* **EXERCISE**: Below are some entries. Count how many of their lines include "fresh", then give that number only.

* **GIVEN ENTRIES**:

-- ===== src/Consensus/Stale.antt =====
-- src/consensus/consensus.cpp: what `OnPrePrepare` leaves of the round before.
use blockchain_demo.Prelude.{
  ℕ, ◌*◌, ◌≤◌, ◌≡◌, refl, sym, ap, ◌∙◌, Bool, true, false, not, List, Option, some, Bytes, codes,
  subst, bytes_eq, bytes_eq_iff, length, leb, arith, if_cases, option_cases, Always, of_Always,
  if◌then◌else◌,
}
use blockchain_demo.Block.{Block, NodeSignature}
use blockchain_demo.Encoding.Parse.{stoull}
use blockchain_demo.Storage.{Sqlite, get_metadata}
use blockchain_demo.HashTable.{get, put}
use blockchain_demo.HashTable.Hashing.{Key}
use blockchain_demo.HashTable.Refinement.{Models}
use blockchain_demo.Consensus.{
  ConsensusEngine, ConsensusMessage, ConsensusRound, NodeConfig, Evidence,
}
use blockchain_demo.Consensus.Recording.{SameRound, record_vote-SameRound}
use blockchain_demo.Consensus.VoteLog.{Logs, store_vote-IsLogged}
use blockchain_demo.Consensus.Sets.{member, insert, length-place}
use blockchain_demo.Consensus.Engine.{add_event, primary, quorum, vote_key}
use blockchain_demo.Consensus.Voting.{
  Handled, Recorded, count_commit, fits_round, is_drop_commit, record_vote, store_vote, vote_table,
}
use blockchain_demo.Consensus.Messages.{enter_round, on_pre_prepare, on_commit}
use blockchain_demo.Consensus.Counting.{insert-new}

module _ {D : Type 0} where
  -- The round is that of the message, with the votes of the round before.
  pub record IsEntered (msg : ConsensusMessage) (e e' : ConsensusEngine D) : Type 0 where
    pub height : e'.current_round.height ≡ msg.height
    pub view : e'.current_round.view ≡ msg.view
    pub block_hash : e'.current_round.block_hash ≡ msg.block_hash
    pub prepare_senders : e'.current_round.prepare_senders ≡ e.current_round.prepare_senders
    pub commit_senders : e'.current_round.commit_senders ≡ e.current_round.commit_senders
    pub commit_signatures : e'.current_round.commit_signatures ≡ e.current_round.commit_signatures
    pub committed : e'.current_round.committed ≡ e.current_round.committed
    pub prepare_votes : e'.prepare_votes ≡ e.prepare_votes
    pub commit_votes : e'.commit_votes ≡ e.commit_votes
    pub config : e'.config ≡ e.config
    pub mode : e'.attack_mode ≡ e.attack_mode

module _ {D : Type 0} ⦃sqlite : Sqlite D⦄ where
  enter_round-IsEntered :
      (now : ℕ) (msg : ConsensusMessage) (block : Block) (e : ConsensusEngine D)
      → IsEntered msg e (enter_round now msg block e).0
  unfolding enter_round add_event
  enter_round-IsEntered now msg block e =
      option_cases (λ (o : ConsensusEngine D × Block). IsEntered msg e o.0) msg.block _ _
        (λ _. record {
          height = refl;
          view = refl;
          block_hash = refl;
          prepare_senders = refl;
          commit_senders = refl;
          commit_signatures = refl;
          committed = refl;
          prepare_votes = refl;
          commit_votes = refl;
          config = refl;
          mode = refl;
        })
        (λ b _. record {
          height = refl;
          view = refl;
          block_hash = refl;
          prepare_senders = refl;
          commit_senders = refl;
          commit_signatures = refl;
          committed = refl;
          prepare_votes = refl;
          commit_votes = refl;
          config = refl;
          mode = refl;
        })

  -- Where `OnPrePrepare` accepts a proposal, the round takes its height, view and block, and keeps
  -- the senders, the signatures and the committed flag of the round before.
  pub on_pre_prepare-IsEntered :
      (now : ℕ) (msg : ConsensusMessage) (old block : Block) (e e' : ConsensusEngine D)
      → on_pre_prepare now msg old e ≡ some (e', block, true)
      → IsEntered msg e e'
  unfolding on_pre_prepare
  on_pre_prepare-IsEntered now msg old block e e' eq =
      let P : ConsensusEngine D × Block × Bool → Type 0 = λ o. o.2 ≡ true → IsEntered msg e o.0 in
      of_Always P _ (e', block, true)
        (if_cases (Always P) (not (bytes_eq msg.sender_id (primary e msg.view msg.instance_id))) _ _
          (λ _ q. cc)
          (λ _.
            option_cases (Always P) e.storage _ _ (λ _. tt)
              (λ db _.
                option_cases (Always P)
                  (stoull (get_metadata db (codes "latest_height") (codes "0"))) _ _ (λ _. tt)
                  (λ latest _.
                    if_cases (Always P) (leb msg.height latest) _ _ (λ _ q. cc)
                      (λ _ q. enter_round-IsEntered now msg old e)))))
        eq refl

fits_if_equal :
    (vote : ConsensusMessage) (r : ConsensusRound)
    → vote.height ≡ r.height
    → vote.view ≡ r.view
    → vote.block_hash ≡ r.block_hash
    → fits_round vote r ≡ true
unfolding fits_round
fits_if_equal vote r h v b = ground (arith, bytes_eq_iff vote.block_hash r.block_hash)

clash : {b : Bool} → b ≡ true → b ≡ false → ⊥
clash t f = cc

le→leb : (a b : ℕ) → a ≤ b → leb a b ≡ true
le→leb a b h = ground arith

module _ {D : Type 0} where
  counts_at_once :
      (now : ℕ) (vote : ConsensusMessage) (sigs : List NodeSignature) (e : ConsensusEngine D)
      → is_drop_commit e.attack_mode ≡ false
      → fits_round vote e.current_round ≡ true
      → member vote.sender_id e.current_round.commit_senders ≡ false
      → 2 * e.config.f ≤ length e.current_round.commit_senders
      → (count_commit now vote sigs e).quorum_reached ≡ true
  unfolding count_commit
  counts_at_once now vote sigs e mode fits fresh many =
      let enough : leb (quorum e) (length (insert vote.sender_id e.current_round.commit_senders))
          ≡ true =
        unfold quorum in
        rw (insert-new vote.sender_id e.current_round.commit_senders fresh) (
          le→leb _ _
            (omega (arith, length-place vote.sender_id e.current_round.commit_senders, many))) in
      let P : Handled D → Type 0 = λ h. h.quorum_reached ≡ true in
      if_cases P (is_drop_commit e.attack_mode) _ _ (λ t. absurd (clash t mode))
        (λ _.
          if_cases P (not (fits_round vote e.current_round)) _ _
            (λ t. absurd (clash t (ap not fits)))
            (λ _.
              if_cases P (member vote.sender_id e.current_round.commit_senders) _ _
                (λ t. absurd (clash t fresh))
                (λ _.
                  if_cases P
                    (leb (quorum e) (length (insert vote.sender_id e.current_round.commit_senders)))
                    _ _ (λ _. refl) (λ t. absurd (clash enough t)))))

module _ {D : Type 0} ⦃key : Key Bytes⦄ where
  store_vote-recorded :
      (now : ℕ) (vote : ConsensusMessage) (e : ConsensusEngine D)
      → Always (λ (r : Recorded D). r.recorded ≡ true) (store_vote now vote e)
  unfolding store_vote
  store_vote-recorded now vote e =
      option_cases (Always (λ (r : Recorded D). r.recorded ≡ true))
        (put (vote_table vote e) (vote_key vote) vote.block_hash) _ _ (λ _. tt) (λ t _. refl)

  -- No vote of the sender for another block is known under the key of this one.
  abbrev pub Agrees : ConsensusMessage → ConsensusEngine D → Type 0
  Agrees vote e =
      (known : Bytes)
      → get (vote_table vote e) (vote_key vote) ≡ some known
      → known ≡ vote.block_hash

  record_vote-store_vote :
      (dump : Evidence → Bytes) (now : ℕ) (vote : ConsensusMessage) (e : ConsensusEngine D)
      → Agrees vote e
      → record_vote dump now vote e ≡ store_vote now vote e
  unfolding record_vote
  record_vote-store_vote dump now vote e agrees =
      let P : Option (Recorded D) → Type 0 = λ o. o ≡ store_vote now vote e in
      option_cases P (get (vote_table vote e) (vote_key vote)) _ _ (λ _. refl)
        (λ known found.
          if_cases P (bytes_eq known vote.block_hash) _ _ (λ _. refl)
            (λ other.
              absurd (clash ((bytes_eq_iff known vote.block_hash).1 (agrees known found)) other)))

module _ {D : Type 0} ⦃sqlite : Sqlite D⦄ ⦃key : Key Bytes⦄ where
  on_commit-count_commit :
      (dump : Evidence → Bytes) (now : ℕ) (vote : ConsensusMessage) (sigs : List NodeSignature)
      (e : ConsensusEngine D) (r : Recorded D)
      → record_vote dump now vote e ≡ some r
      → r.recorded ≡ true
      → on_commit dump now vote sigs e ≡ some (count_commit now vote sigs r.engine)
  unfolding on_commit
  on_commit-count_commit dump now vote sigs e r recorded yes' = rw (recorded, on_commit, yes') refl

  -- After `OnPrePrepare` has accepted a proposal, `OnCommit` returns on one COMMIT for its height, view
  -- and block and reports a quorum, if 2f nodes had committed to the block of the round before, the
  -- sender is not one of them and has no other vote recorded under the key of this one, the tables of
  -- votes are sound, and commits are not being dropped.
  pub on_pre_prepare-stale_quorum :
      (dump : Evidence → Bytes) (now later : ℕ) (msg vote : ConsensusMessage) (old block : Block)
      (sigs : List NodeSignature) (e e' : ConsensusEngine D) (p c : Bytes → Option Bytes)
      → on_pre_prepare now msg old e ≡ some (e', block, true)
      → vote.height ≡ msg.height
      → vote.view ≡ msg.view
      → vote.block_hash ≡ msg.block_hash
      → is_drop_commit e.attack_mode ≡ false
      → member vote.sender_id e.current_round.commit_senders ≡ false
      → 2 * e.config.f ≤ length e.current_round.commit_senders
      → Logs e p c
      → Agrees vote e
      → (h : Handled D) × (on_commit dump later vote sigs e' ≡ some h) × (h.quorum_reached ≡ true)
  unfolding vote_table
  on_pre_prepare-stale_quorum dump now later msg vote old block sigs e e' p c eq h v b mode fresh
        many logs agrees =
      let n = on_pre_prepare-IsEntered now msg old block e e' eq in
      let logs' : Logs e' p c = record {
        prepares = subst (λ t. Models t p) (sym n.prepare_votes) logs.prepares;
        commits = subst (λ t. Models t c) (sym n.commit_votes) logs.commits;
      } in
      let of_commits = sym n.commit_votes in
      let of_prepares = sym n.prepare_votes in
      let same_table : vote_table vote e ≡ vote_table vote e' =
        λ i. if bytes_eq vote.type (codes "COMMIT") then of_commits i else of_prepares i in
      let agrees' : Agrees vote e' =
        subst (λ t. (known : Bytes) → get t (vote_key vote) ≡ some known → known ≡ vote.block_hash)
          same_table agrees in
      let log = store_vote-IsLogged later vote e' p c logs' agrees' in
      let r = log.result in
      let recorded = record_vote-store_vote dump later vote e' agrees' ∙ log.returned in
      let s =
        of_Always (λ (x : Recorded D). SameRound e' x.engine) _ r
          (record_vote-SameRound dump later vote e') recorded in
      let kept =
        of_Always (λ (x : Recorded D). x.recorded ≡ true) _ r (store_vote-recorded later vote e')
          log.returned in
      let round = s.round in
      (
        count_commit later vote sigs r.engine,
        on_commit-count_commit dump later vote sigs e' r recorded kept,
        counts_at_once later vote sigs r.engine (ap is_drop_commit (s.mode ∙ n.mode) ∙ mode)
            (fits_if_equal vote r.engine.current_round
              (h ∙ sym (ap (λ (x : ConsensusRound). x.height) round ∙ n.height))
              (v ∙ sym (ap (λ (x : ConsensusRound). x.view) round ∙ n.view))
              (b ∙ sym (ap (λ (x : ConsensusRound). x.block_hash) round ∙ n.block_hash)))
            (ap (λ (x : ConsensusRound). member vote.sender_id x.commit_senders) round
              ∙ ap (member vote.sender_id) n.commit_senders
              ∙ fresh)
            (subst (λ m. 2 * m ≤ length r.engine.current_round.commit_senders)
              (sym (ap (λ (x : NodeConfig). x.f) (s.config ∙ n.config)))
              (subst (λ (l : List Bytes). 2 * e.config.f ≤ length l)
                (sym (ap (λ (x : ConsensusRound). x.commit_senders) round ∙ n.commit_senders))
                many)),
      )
==
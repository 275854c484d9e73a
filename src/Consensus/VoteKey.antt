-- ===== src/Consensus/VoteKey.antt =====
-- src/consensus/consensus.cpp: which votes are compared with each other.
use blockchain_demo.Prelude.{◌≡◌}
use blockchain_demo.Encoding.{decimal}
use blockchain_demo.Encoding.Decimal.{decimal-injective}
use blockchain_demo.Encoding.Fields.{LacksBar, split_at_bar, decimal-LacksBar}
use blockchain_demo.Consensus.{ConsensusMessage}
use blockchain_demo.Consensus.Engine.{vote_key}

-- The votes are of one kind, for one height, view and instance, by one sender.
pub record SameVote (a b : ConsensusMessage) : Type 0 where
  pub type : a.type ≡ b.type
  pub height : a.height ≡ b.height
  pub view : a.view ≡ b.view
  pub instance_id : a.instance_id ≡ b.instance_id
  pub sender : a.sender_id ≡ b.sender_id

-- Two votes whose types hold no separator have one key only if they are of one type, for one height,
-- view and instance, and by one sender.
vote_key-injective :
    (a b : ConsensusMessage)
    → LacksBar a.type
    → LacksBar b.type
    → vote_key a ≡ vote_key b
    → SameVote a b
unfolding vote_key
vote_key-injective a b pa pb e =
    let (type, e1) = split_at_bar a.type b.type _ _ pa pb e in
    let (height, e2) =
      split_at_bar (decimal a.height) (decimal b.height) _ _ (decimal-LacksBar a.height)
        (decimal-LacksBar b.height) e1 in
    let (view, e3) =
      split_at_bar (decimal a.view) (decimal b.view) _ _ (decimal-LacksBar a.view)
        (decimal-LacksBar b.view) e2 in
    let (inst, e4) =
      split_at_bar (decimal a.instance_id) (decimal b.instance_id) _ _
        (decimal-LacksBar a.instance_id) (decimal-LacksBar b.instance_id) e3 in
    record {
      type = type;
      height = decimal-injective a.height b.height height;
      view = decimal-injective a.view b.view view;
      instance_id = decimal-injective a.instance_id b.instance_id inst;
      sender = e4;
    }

* **OUTPUT OF THE TASK**: 5